In the experimental design, the following crosstypes were made:
- within species, between population (may show outbreeding depression or heterosis)
- within species, within populations (may show inbreeding depression)
- hybrids between species (indicates species barrier from pollination to seed production)
In this analysis the response variable is the pollen viability of each cross. Other barriers (hybrid survival, flowering) could be analyzed in a similar framework, with appropriate changes to the underlying distribution.
Fixed effects:
- crosstype - hybrids, within population, between populations
- species - species of the maternal plant that produced the Viability
Potential random effects:
- mompop - maternal plant population
- mompid - maternal plant, specified by its population and ID
- dadpop - paternal plant population
Data Import
pol <- read.table("hybridpollen.csv", header=T, sep="\t", colClasses=c(date="Date"))
pol$v <- rowSums(pol[,grepl("V", colnames(pol))])/10 #average viable counts
pol$i <- rowSums(pol[,grepl("I", colnames(pol))])/10 #average inviable counts
pol$vpf <- (pol$v * 444.4/20) * 10 #number viable per flower (5 flrs)
pol$ipf <- (pol$i * 444.4/20) * 10 #number inviable per flower (5 flrs)
pol$vp <- pol$vpf / (pol$vpf + pol$ipf) #proportion viable
pol$tpf <- pol$vpf + pol$ipf
pol <- pol[pol$crosstype!="field",]
momdadid <- as.data.frame(matrix(unlist(matrix(lapply(matrix(unlist(strsplit(as.character(pol$fullcross), " x ", fixed=T)), nrow=2), function(x) { spl <- unlist(strsplit(unlist(strsplit(x, " ", fixed=T)), "-", fixed=T)); c(spl[1],gsub("-NA","",paste(spl[2],spl[3],spl[4], sep="-"))) }), ncol=2)), ncol=4, byrow=T))

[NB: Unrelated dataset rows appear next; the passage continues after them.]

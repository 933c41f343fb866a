-- ===== src/Lib.antt =====
-- Pushboy sends push notifications: jobs come in by HTTP, a master fans each out into one task for
-- each device token, senders call the providers, and outcome workers record what became of the tasks.
-- This library models the parts of the program that decide what is sent, counted and stored, as
-- functions, and proves what they do.
--
-- The parts, by file, with paths from the repository's root:
--   Prelude           tests, lists, association lists, and calls that return an error and write a state
--   Model             internal/model: Push (push.go), LiveActivity (live_activity.go, with its options in
--                     LiveActivity/Options), Task (task.go, task_la.go)
--   Pipeline          internal/pipeline/memory.go: `pipeline_step` is one case of a select of Submit or
--                     Receive, or Close. Pipeline/Retry is memoryDelivery; Pipeline/Outbox is the interface
--                     of pipeline.go as a caller of Submit meets it
--   Storage           internal/storage. Tables are the rows of storage.go and of db/migrations/postgres;
--                     World is the server, with a clock, failing statements and transactions; Outcome is
--                     outcome.go; PushJobs, Tokens, Directory (users, tokens, subscriptions), Topics,
--                     Paging (batches) and Listings (paged lists) are parts of postgres.go; LaJobs,
--                     LaDispatches, LaOutcomes and LaTokens are live_activity_postgres.go
--   Workers           internal/workers: Fanout (fanout.go), FanoutLa (fanout_la.go), Dispatch (dispatch.go),
--                     Outcome (outcome.go), Loops (masters.go, senders.go)
--   Scheduler         internal/scheduler/scheduler.go
--   Startup, Shutdown the broadcast topic of cmd/pushboy/main.go, and cmd/pushboy/shutdown.go
--   Config            internal/config/config.go
--   Service           internal/service: Users and Notifications are service.go, LiveActivity and its
--                     Requests are live_activity.go
--   Server            internal/server: Pagination (pagination.go, with formatAPITime of dto.go), Responses
--                     (dto.go), Queue (a World together with a pipeline), Handlers (server.go: Users,
--                     Topics, Send; live_activity.go: LiveActivity)
--   Providers         Http (a request as both clients make it), Apns (internal/apns/apns.go), Fcm
--                     (internal/fcm/fcm.go), each with its LiveActivity (apns_la.go, fcm_la.go)
--   Tests             runs on small inputs
--
-- How they interact: a handler of Server takes the decoded request, calls Service, which calls
-- Storage, and submits what was stored to the pipeline of a `Site`; Workers/Fanout, Workers/FanoutLa
-- and Scheduler run the calls of Storage on a `World`; Storage/PushJobs/Lifecycle has the updates that
-- the master and the outcome worker make to one job, in any order, and Storage/LaDispatches/Lifecycle
-- those to one dispatch, with the statements that make them in its Statements; Workers/Outcome is over
-- any `apply`, as `OutcomeApplyFunc` is, and Workers/Loops over any fan-out and dispatch; a
-- `Dispatcher` of Workers/Dispatch is a client of Providers.
--
-- How the program is written down:
--   - A call of the store is a function from a `World` to a result and a `World`. The script of a `World`
--     says of each statement whether it fails and how long it takes. A transaction is isolated; one whose
--     COMMIT fails has changed nothing; `NOW()` in it is the time of its BEGIN.
--   - Counts, times and limits are natural numbers, without the bounds of an int or of a column; a time
--     is 0 where Go has the zero time. Negative sizes are not modelled.
--   - A NULL user or topic of a row is the empty text. A payload is read back as it was written.
--   - Go visits a map in any order; here deltas are visited in the order in which jobs first occur.
--   - The order of texts in ORDER BY is a parameter, `Collation`: a strict total order in which the empty
--     text is first. base64, JSON and the time format are a parameter, `Codec`, whose laws say that what
--     is written is read back.
--   - The loop of FanoutPushToken runs on fuel; one round more than there are tokens is enough for any
--     batch size above 0, since each round but the last takes a whole batch.
--     The loop of FanoutLATokens runs on fuel too; one round more than the table has live activity tokens
--     is enough.
--   - The `emit` of the push lane is a queue with room for a number of tasks, after which the context has
--     ended; other calls of `Submit` return what a list of answers says.
--   - A raw JSON column is its text, or none.
--   - What a provider answers, ids that are drawn and the texts of errors are parameters. A handler is
--     given the decoded body, or the text of the error; path values are arguments.
--   - The texts of the driver's errors hold none of the words that handlers look for in an error.
--   - An operation of a service that only passes its arguments on to the store is the store's function.
--   - The clients of the providers are given the answers of net/http by attempt: their loops run as often
--     as there are retries and once more. What encoding/json, oauth2 and the signing of a token answer is
--     given too. The waits are in milliseconds.
--
-- Not modelled: routes, ping and the decoding of bodies (net/http, chi), the tickers, the scheduling of
-- goroutines, and the wiring, signals and time limits of cmd/pushboy.
pub mod Prelude
pub mod Model
pub mod Pipeline
pub mod Providers
pub mod Storage
pub mod Service
pub mod Scheduler
pub mod Config
pub mod Server
pub mod Workers
pub mod Startup
pub mod Shutdown
pub mod Tests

colnames(momdadid) <- c("mompop","momid","dadpop","dadid")
pol <- cbind(pol, momdadid)
pol$species NULL#treat populations as factors
pol$species <- factor(ifelse(pol$mompop %in% c("904","3587", "892"), "kaal", "hook"))
pol$dadsp <- factor(ifelse(pol$dadpop %in% c("904","3587", "892"), "kaal", "hook"))
pol$cross <- factor(toupper(paste0(substr(pol$species,0,1), substr(pol$dadsp,0,1))))
crosscol <- c("green","blue","orange","red")
#rename crosstype codes
pol$crosstype <- factor(pol$crosstype, levels=c("between", "within", "hybrid"))
#made "between" the first reference level to facilitate comparison between outcrossing populations and hybridizing species
pol$mompop <- sapply(pol$mompop, mapvalues, from = c("794","866","899","879","892","904","3587"), to = c("WK","WK","WK","879WKG","892WKG","904WPG","3587WP"))
pol$dadpop <- sapply(pol$dadpop, mapvalues, from = c("794","866","899","879","892","904","3587"), to = c("WK","WK","WK","879WKG","892WKG","904WPG","3587WP"), warn_missing=F)
#define interactions
pol <- within(pol, sxc <- interaction(species,crosstype))
pol <- within(pol, sxcxm <- interaction(species,crosstype,mompop,momid))
pol <- within(pol, mompid <- as.factor(paste(mompop,momid,sep=".")))
pol <- within(pol, dadpid <- as.factor(paste(dadpop,dadid,sep=".")))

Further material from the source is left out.